I literally want to live in Prythian, in the world of the Fae that exists beyond The Wall (just without all of the drama). Maas depicts the Spring Court so beautifully and vividly. It seems like a literal heaven on earth.
Other than the beauty of the Fae world, there are the parties and festivities. I mentioned Fire Night and the Great Rite earlier, two very interesting festivities held in the Fae world. And then there are parties and gatherings celebrating the seasons, such as Summer Solstice and Midsummer. It is all so fantastical and fun, readers are just dying to step into the pages.
There is not much else I can say about A Court of Thorns and Roses. I LOVED this book! I have no idea how I am going to wait an entire year for the sequel. It's going to be excruciating, but I am sure that it is going to worth it. Because Sarah J. Maas is a fabulous queen of writing, and every word she writes turns to gold.
Now the fun stuff! ***SPOILERS***
Feyre (the h):
This character is complex and goes through several changes throughout the series. In this book, she has her ups and downs. Initially, she is hardened, street-smart and capable with a cynical eye toward romance and happiness and outright hatred and prejudice towards the fae. She also has love for a family who seems to dislike and neglect her.
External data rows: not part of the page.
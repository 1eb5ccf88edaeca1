-- ===== src/Cdb/Removal.antt =====
-- `remove_tracks_from_cdb` and `finalize_cdb` of src/storage/binary/cdb_edit.rs. zlib is a third
-- party's: `inflate` is that of the inspection, `deflate` gives the compressed stream, or nothing
-- where it fails. The fuel is that of `split_datasets`.
pub mod Assemble
pub mod Signed
pub mod Final
pub mod Whole
pub mod Returns
use libopod.Base.{
  ℕ, zero, suc, ◌+◌, Bool, true, false, ◌||◌, not, Option, none, some, List, [], ◌∷◌, ◌++◌, flatten,
}
use libopod.Base.Tests.{ltb, ◌==◌, if◌then◌else◌}
use libopod.Base.Lists.{length, take, get_elem?}
use libopod.Error.{Result, Run, ok, err, ◌>>=◌, ◌>>◌, ensure, and_then, then_run, run_run}
use libopod.Bytes.{read_u32, write_u16, write_u32}
use libopod.Cdb.Chunk.{malformed_at, unverified, read_usize}
use libopod.Cdb.Hashab.{Hashab, SignatureStatus, valid, legacy_scheme4_then3, invalid}
use libopod.Cdb.Inspect.{CdbInfo, decode_payload, inspect_cdb}
use libopod.Cdb.Split.{split_datasets}
use libopod.Cdb.Index.{u32_from}
use libopod.Cdb.Tracks.{RemovedTrack, rewrite_track_dataset}
use libopod.Cdb.Playlists.{rewrite_playlist_dataset}

abbrev pub is_empty : List ℕ → Bool
is_empty [] = true
is_empty (x ∷ xs) = false

-- `read_u32(dataset, 12).ok() == Some(1)`
unfoldable pub is_track_dataset : List ℕ → Bool
is_track_dataset dataset = elim (read_u32 dataset 12) [ err e ↦ false | ok kind ↦ kind == 1 ]

-- The first type-1 dataset is replaced by the rewritten one.
unfoldable pub rewrite_first : List (List ℕ) → List ℕ → Result (List (List ℕ) × List RemovedTrack)
unfolding rewrite_track_dataset
rewrite_first [] removals = err unverified
rewrite_first (d ∷ ds) removals = elim (is_track_dataset d) [
  | true ↦ do r ← rewrite_track_dataset d removals; ok (r.0 ∷ ds, r.1)
  | false ↦ do r ← rewrite_first ds removals; ok (d ∷ r.0, r.1)
]

-- the loop over the datasets that hold playlists
unfoldable pub rewrite_playlists : List (List ℕ) → List RemovedTrack → Result (List (List ℕ))
unfolding rewrite_playlist_dataset
rewrite_playlists [] removed = ok []
rewrite_playlists (d ∷ ds) removed = do
  kind ← read_u32 d 12
  rewritten ←
      if kind == 2 || kind == 3 || kind == 5 then rewrite_playlist_dataset d removed else ok d
  rest ← rewrite_playlists ds removed
  ok (rewritten ∷ rest)

unfoldable pub rewrite_datasets : List ℕ → List (List ℕ) → Result (List ℕ)
unfolding rewrite_first rewrite_playlists
rewrite_datasets removals datasets = do
  r ← rewrite_first datasets removals
  rewritten ← rewrite_playlists r.0 r.1
  ok (flatten rewritten)

-- `status == Some(DatabaseSignatureStatus::Valid)`
abbrev pub is_valid : Option SignatureStatus → Bool
is_valid none = false
is_valid (some valid) = true
is_valid (some legacy_scheme4_then3) = false
is_valid (some invalid) = false

-- the header with its flag and length fields set, the new stream behind it
unfoldable pub patch_header : List ℕ → List ℕ → Result (List ℕ)
patch_header header compressed = do
  output ← write_u16 (header ++ compressed) 0xa8 1
  output_len ← u32_from (length output)
  write_u32 output 8 output_len

module _ (inflate : ℕ → List ℕ → Option (List ℕ)) (deflate : List ℕ → Option (List ℕ))
    (hashab : Hashab) where
  -- the file that is signed
  unfoldable pub assemble_cdb : List ℕ → List ℕ → Result (List ℕ)
  unfolding patch_header
  assemble_cdb header uncompressed = elim (deflate uncompressed) [
    | none ↦ err (malformed_at (length header))
    | some compressed ↦ patch_header header compressed
  ]

  unfoldable pub sign_cdb : List ℕ → List ℕ → List ℕ → Result (List ℕ)
  unfolding assemble_cdb
  sign_cdb header uncompressed firewire_guid = do
    output ← assemble_cdb header uncompressed
    hashab.sign_database output firewire_guid

  unfoldable pub finalize_cdb : List ℕ → List ℕ → List ℕ → Run (List ℕ)
  unfolding sign_cdb inspect_cdb
  finalize_cdb header uncompressed firewire_guid =
      then_run (sign_cdb header uncompressed firewire_guid) λ output.
        and_then (inspect_cdb inflate hashab output (some firewire_guid))
          λ inspected. ensure (is_valid inspected.hashab_signature_status) unverified >> ok output

  unfoldable pub remove_tracks_from_cdb : ℕ → List ℕ → List ℕ → List ℕ → Run (List ℕ)
  unfolding finalize_cdb rewrite_datasets split_datasets decode_payload
  remove_tracks_from_cdb fuel bytes firewire_guid removals =
      then_run (ensure (not (is_empty removals)) unverified >> read_usize bytes 4) λ header_length.
        then_run (decode_payload inflate bytes header_length) λ payload.
          then_run (read_usize bytes 0x14) λ dataset_count.
            run_run
              (and_then (split_datasets fuel payload dataset_count) (rewrite_datasets removals))
              λ uncompressed. finalize_cdb (take header_length bytes) uncompressed firewire_guid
She is not very likeable. But does that make a book bad? No. (Hello, Wuthering Heights.) It is, however, more rare to write an h this way because readers in general tend to want to relate to an h, particularly when it's written in 1st person perspective. So many readers might not be able to get into the story because of their dislike for Feyre. When the far remove her burdens that largely drove who she was, Feyre changes. She doesn't have a purpose to keep her going, to shape her. The pacing of the book suffers a bit here while she tries to sort herself out. She tries to make love and painting her new purposes, and while she has the determination to do so, the fit just isn't right. Does this make the book bad? No. While many people won't like to read about an h that seems somehow "less" this downward arc was necessary to fuel the inevitable reversal toward a more fitting purpose. It drags a bit for sure, but makes the reversal feel more right, more true later on. Did she rush into something with Tamlin. Her feelings do feel a bit rushed but ultimately fit her as a character- going all-in has always been her style from the start. In that sense, the character is consistent. Also, her reluctance to voice her love made me think that deep-down she might have confused love with gratitude. Tamlin was her savior in many ways. For all of these reasons I liked Feyre.
Tamlin (the H):
Tamlin was the 1st high fae Feyre had any meaningful interactions with in the 1st book. I never really liked him as an H. He was pretty but basically hollow. He struggles with uncontrolled rage. He had just as much hatred for humans as Feyre did for fae, and his elitist attitude was hinted at throughout this book (though not substantiated until book 2). He also adheres to fae tradition in weird ways- his willing participation in the Fire Night ritual is distasteful because it borders on infidelity (especially since we later learn in book 2 that he can designate a replacement). Tamlin has from the beginning been primarily focused on Tamlin. When things get tough, he sends Feyre away; he doesn't consult or listen to her, but just decides, hinting at his desire to treat her like a possession rather than a person. When he gets a moment of freedom under the mountain he attempts to have sex with Feyre (his wants) instead of trying to escape with or save her (her needs). When Feyre is dying, he can only bring himself to beg for her life, he isn't moved into action. All of these things hint that Tamlin is not a good fit for Feyre. Many readers will not like to read about an H that is so lacking/ ill-fitted. The beautiful part is that these things are only ever hinted at in the writing, not outright stated so you will want to root for Tamlin while also feeling something inexplicably lacking in him. I thought about it lots before I picked up book 2, where my thoughts regarding Tamlin were cemented. Tamlin could not have been written more likeable though. If he was the perfect H then Feyre falling for Rhys in book 2 would have felt like a betrayal, instead of fated, and then Feyre would've been worse than unlikable but detestable as an h.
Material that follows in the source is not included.